Même si les défenseurs du droit à l’avortement se sont félicités de l’issue apparente de l’affaire de l’Idaho, ils ont prévenu qu’il ne s’agissait pas d’une victoire éclatante.

« Si l’avis qui a fuité est exact, il est clair que les femmes enceintes ne sont pas tirées d’affaire, loin de là », a déclaré Alexa Kolbi-Molinas, directrice adjointe du projet sur la liberté de reproduction de l’Union américaine pour les libertés civiles (American Civil Liberties Union’s Reproductive Freedom Project).

« Ne vous y trompez pas : la Cour suprême avait la possibilité d’affirmer une fois pour toutes que toute personne enceinte a le droit fondamental de bénéficier de soins d’urgence en cas d’avortement, mais il semble qu’elle ne l’ait pas fait. »

Une décision élargie dans l’affaire de l’Idaho pourrait avoir des implications pour plus d’une douzaine d’États qui ont promulgué des interdictions quasi totales depuis que la Cour a renversé l’arrêt Roe c. Wade en 2022.

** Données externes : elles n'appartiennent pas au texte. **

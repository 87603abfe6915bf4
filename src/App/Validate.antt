-- ===== src/App/Validate.antt =====
-- userspace/io_client/src/client_test.c, `validate_data`: the words of a test pattern.
-- `none` is an access outside of the buffer.
use streamio.Common.{
  ℕ, zero, suc, ◌+◌, ◌-◌, ◌*◌, ◌%◌, ◌^◌, ◌≤◌, ◌<◌, ◌≡◌, ◌↔◌, refl, sym, ap, ap₂, ◌∙◌, min, Option,
  none, some, List, [], ◌∷◌, take, drop, length, get_elem?, get_elem?_of_lt, arith, ltb, ◌==◌,
  if◌then◌else◌, ◌>>=◌, inl, inr, Bool-cases, ==→eq, ==→ne,
}
use streamio.App.Ramp.{drop-get}

-- The last `n` words that are printed around a wrong one, from the index `pos` on.
unfoldable pub printed : ℕ → ℕ → List ℕ → Option (List ℕ)
printed zero pos buffer = some []
printed (suc n) pos buffer = do
  w ← get_elem? buffer pos
  ws ← printed n (pos + 1) buffer
  some (w ∷ ws)

-- What is printed when the word at `i` is wrong.
unfoldable pub around : ℕ → ℕ → List ℕ → Option (List ℕ)
around test_size i buffer =
    let first = if ltb 10 i then i - 10 else 0 in
    let end = min (i + 10) test_size in printed (end - first) first buffer

-- The last `n` rounds of the loop, from the index `i` on: `none` inside, or what is printed.
unfoldable pub validate_from : ℕ → ℕ → ℕ → List ℕ → Option (Option (List ℕ))
validate_from test_size zero i buffer = some none
validate_from test_size (suc n) i buffer = do
  w ← get_elem? buffer i
  let rest = validate_from test_size n (i + 1) buffer
  let wrong = (do ws ← around test_size i buffer; some (some ws))
  if w == (i * 2) % 2 ^ 32 then rest else wrong

unfoldable pub validate_data : ℕ → List ℕ → Option (Option (List ℕ))
validate_data test_size buffer = validate_from test_size test_size 0 buffer

-- The pattern: each word is twice its index.
abbrev pub pattern : ℕ → ℕ → List ℕ
pattern i zero = []
pattern i (suc n) = ((i * 2) % 2 ^ 32) ∷ pattern (i + 1) n

printed-some :
    (n pos : ℕ) (buffer : List ℕ)
    → pos + n ≤ length buffer
    → (ws : List ℕ) × (printed n pos buffer ≡ some ws)
unfolding printed
printed-some zero pos buffer h = ([], refl)
printed-some (suc n) pos buffer h =
    let (w, e) = get_elem?_of_lt buffer pos (omega arith) in
    let (ws, es) = printed-some n (pos + 1) buffer (omega arith) in (w ∷ ws, rw (e, es) refl)

around-some :
    (test_size i : ℕ) (buffer : List ℕ)
    → i < test_size
    → test_size ≤ length buffer
    → (ws : List ℕ) × (around test_size i buffer ≡ some ws)
unfolding around
around-some test_size i buffer lt h =
    printed-some _ (if ltb 10 i then i - 10 else 0) buffer (ground arith)

abbrev Finds : Option (Option (List ℕ)) → List ℕ → List ℕ → Type 0
Finds o xs ys = (r : Option (List ℕ)) × (o ≡ some r) × ((r ≡ none) ↔ (xs ≡ ys))

validate_from-Finds :
    (test_size n i : ℕ) (buffer : List ℕ)
    → i + n ≤ test_size
    → test_size ≤ length buffer
    → Finds (validate_from test_size n i buffer) (take n (drop i buffer)) (pattern i n)
unfolding validate_from
validate_from-Finds test_size zero i buffer h k = (none, refl, ((λ e. refl), (λ e. refl)))
validate_from-Finds test_size (suc n) i buffer h k =
    let (w, ew) = get_elem?_of_lt buffer i (omega arith) in
    let (r, run, iff) = validate_from-Finds test_size n (i + 1) buffer (omega arith) k in
    let cut : take (suc n) (drop i buffer) ≡ w ∷ take n (drop (i + 1) buffer) =
      ap (take (suc n)) (drop-get i buffer w ew) in
    elim (Bool-cases (w == (i * 2) % 2 ^ 32)) [
      | inl y ↦
          let same : w ≡ (i * 2) % 2 ^ 32 = ==→eq w ((i * 2) % 2 ^ 32) y in
          (
            r,
            rw (ew, y) run,
            (
              (λ e. cut ∙ ap₂ ◌∷◌ same (iff.0 e)),
              (λ e.
                  let t : w ∷ take n (drop (i + 1) buffer) ≡ pattern i (suc n) = sym cut ∙ e in
                  iff.1 (cc)),
            ),
          )
      | inr m ↦
          let other = ==→ne w ((i * 2) % 2 ^ 32) m in
          let (ws, shown) = around-some test_size i buffer (omega arith) k in
          (
            some ws,
            rw (ew, m, shown) refl,
            (
              (λ e. absurd (cc)),
              (λ e.
                  let t : w ∷ take n (drop (i + 1) buffer) ≡ pattern i (suc n) = sym cut ∙ e in
                  let u : w ≡ (i * 2) % 2 ^ 32 = cc in absurd (other u)),
            ),
          )
    ]

-- A buffer of at least the tested words: the test ends, reads no word outside of the buffer, not for
-- its output either, and finds no error exactly if each of the tested words is twice its index.
pub validate_data-pattern :
    (test_size : ℕ) (buffer : List ℕ)
    → test_size ≤ length buffer
    → (r : Option (List ℕ)) × (validate_data test_size buffer ≡ some r)
      × ((r ≡ none) ↔ (take test_size buffer ≡ pattern 0 test_size))
unfolding validate_data
validate_data-pattern test_size buffer h =
    validate_from-Finds test_size test_size 0 buffer (omega arith) h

La loi fédérale sur les soins d’urgence était considérée comme l’un des rares – et étroits – moyens dont disposait l’administration Biden pour contester les interdictions d’avortement dans les États et en préserver l’accès, bien que la bataille judiciaire n’affecte qu’un nombre et un type limités de patientes.

L’Idaho avait demandé à la Cour suprême d’intervenir après qu’un panel de 11 membres de la Cour d’appel du 9circuit eut temporairement bloqué la loi. En acceptant d’entendre l’affaire, les juges ont rétabli l’interdiction.

Cet article a été publié dans le New York Times.